- WHAT YOU NEED TO DO
Below are entries; copy exactly the lines from the one with "(now : ℕ) (key : Bytes) (cs" through the one with "keep-Keyed now key (c", both included, and leave out the rest.

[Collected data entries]

----------------------------------------

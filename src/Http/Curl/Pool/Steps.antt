-- ===== src/Http/Curl/Pool/Steps.antt =====
-- What holds of the connection pool of curl.cpp whenever its mutex is free.
use azure_sdk_for_cpp.Base.{
  ℕ, ◌+◌, ◌-◌, ◌≡◌, refl, ◌∙◌, sym, ap, subst, false, List, [], ◌∷◌, if-true, if-false, ◌==◌, Bytes,
  arith, Bool-cases, inl, inr,
}
use azure_sdk_for_cpp.Dict.{find, After, IsSorted}
use azure_sdk_for_cpp.Http.Curl.Pool.Index.{size, Every, Every-map}
use azure_sdk_for_cpp.Http.Curl.Pool.Cleaning.{
  Recent, keep, is_live, keep-Recent, live_index, clean_index-live_index, size-live_index,
}
use azure_sdk_for_cpp.Http.Curl.Pool.{
  CurlConnection, CurlConnectionPool, take_connection, clean_up_round, Step, wait, get, put, clean,
  Reachable, start, after,
}
use azure_sdk_for_cpp.Http.Curl.Pool.Invariant.{
  Keyed, IsKept, WellFormed, IsKept-weaken, pick-WellFormed, put-WellFormed,
}

module _ {H : Type 0} where
  keep-Keyed :
      (now : ℕ) (key : Bytes) (cs : List (CurlConnection H))
      → Keyed key cs
      → Keyed key (keep (is_live now) cs)
  unfolding keep
  keep-Keyed now key [] k = tt
  keep-Keyed now key (c ∷ cs) (k, ks) = elim (Bool-cases (is_live now c)) [
    | inl e ↦ rw e (k, keep-Keyed now key cs ks)
    | inr e ↦ rw e (keep-Keyed now key cs ks)
  ]

  After-live_index :
      (now : ℕ) (key : Bytes) (m : List (Bytes × List (CurlConnection H)))
      → After key m
      → After key (live_index now m)
  unfolding live_index
  After-live_index now key [] a = tt
  After-live_index now key ((j, cs) ∷ m) (b, a) = (b, After-live_index now key m a)

  live_index-IsSorted :
      (now : ℕ) (m : List (Bytes × List (CurlConnection H)))
      → IsSorted m
      → IsSorted (live_index now m)
  unfolding live_index
  live_index-IsSorted now [] s = tt
  live_index-IsSorted now ((j, cs) ∷ m) (a, s) =
      (After-live_index now j m a, live_index-IsSorted now m s)

  live_index-Every :
      (now : ℕ) (m : List (Bytes × List (CurlConnection H)))
      → Every (IsKept now) m
      → Every (IsKept now) (live_index now m)
  unfolding live_index Every
  live_index-Every now [] e = tt
  live_index-Every now ((j, cs) ∷ m) ((k, r), e) =
      ((keep-Keyed now j cs k, keep-Recent now now cs r), live_index-Every now m e)

  -- A round of the cleaner leaves the live connections of each key.
  pub clean_up_round-live_index :
      (now : ℕ) (p : CurlConnectionPool H)
      → WellFormed now p
      → (p.connection_counter == 0) ≡ false
      → clean_up_round now p ≡ record p {
        connection_pool_index = live_index now p.connection_pool_index;
        connection_counter = size (live_index now p.connection_pool_index);
      }
  unfolding clean_up_round
  clean_up_round-live_index now p w e =
      let counted = w.counted in
      let fewer = size-live_index now p.connection_pool_index in
      let n : p.connection_counter
            - (size p.connection_pool_index - size (live_index now p.connection_pool_index))
          ≡ size (live_index now p.connection_pool_index) =
        omega arith in
      if-false (p.connection_counter == 0) _ _ e
      ∙ (ap (λ x. record p { connection_pool_index = x.0; connection_counter = x.1 })
            (clean_index-live_index now p.connection_counter p.connection_pool_index
              (Every-map (IsKept now) (λ key cs. Recent now cs) p.connection_pool_index
                (λ key cs k. k.1) w.kept)
              (omega arith))
          ∙ ap
              (λ k. record p {
                connection_pool_index = live_index now p.connection_pool_index;
                connection_counter = k;
              })
              n)

  clean_up_round-WellFormed :
      (now : ℕ) (p : CurlConnectionPool H)
      → (p.cleaners == 0) ≡ false
      → WellFormed now p
      → WellFormed now (clean_up_round now p)
  unfolding clean_up_round
  clean_up_round-WellFormed now p busy w = elim (Bool-cases (p.connection_counter == 0)) [
    | inl e ↦
        let one = w.one_cleaner in
        subst (WellFormed now) (sym (if-true (p.connection_counter == 0) _ _ e)) (record {
          sorted = w.sorted;
          counted = w.counted;
          kept = w.kept;
          one_cleaner = ground arith;
          cleaned = inl (ground arith);
        })
    | inr e ↦ subst (WellFormed now) (sym (clean_up_round-live_index now p w e)) (record {
      sorted = live_index-IsSorted now p.connection_pool_index w.sorted;
      counted = refl;
      kept = live_index-Every now p.connection_pool_index w.kept;
      one_cleaner = w.one_cleaner;
      cleaned = inr (elim w.cleaned [ inl z ↦ absurd (ground arith) | inr z ↦ z ]);
    })
  ]

  Step-WellFormed :
      (x y : ℕ × CurlConnectionPool H) → Step x y → WellFormed x.0 x.1 → WellFormed y.0 y.1
  unfolding take_connection
  Step-WellFormed x y (wait {now} {p} time) w = record {
    sorted = w.sorted;
    counted = w.counted;
    kept =
        Every-map (IsKept now) (IsKept (now + time)) p.connection_pool_index
          (IsKept-weaken now (now + time) (omega arith)) w.kept;
    one_cleaner = w.one_cleaner;
    cleaned = w.cleaned;
  }
  Step-WellFormed x y (get {now} {p} key) w =
      pick-WellFormed now key p (find key p.connection_pool_index) refl w
  Step-WellFormed x y (put {now} {p} c code) w = put-WellFormed now c code p w
  Step-WellFormed x y (clean {now} {p} busy) w = clean_up_round-WellFormed now p busy w

  -- Whatever the threads of the program do to the pool, one operation after another, from the empty pool
  -- on: the counter is the number of connections, each under its key and in the order of their last
  -- use, at most one cleaner runs, and one does while there are connections.
  pub Reachable-WellFormed : (x : ℕ × CurlConnectionPool H) → Reachable x → WellFormed x.0 x.1
  unfolding size Every
  Reachable-WellFormed x (start {now}) = record {
    sorted = tt;
    counted = refl;
    kept = tt;
    one_cleaner = refl;
    cleaned = inl refl;
  }
  Reachable-WellFormed y (after {x} r s) = Step-WellFormed x y s (Reachable-WellFormed x r)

----------------------------------------

- RESPONSE BELOW
      (now : ℕ) (key : Bytes) (cs : List (CurlConnection H))
      → Keyed key cs
      → Keyed key (keep (is_live now) cs)
  unfolding keep
  keep-Keyed now key [] k = tt
  keep-Keyed now key (c ∷ cs) (k, ks) = elim (Bool-cases (is_live now c)) [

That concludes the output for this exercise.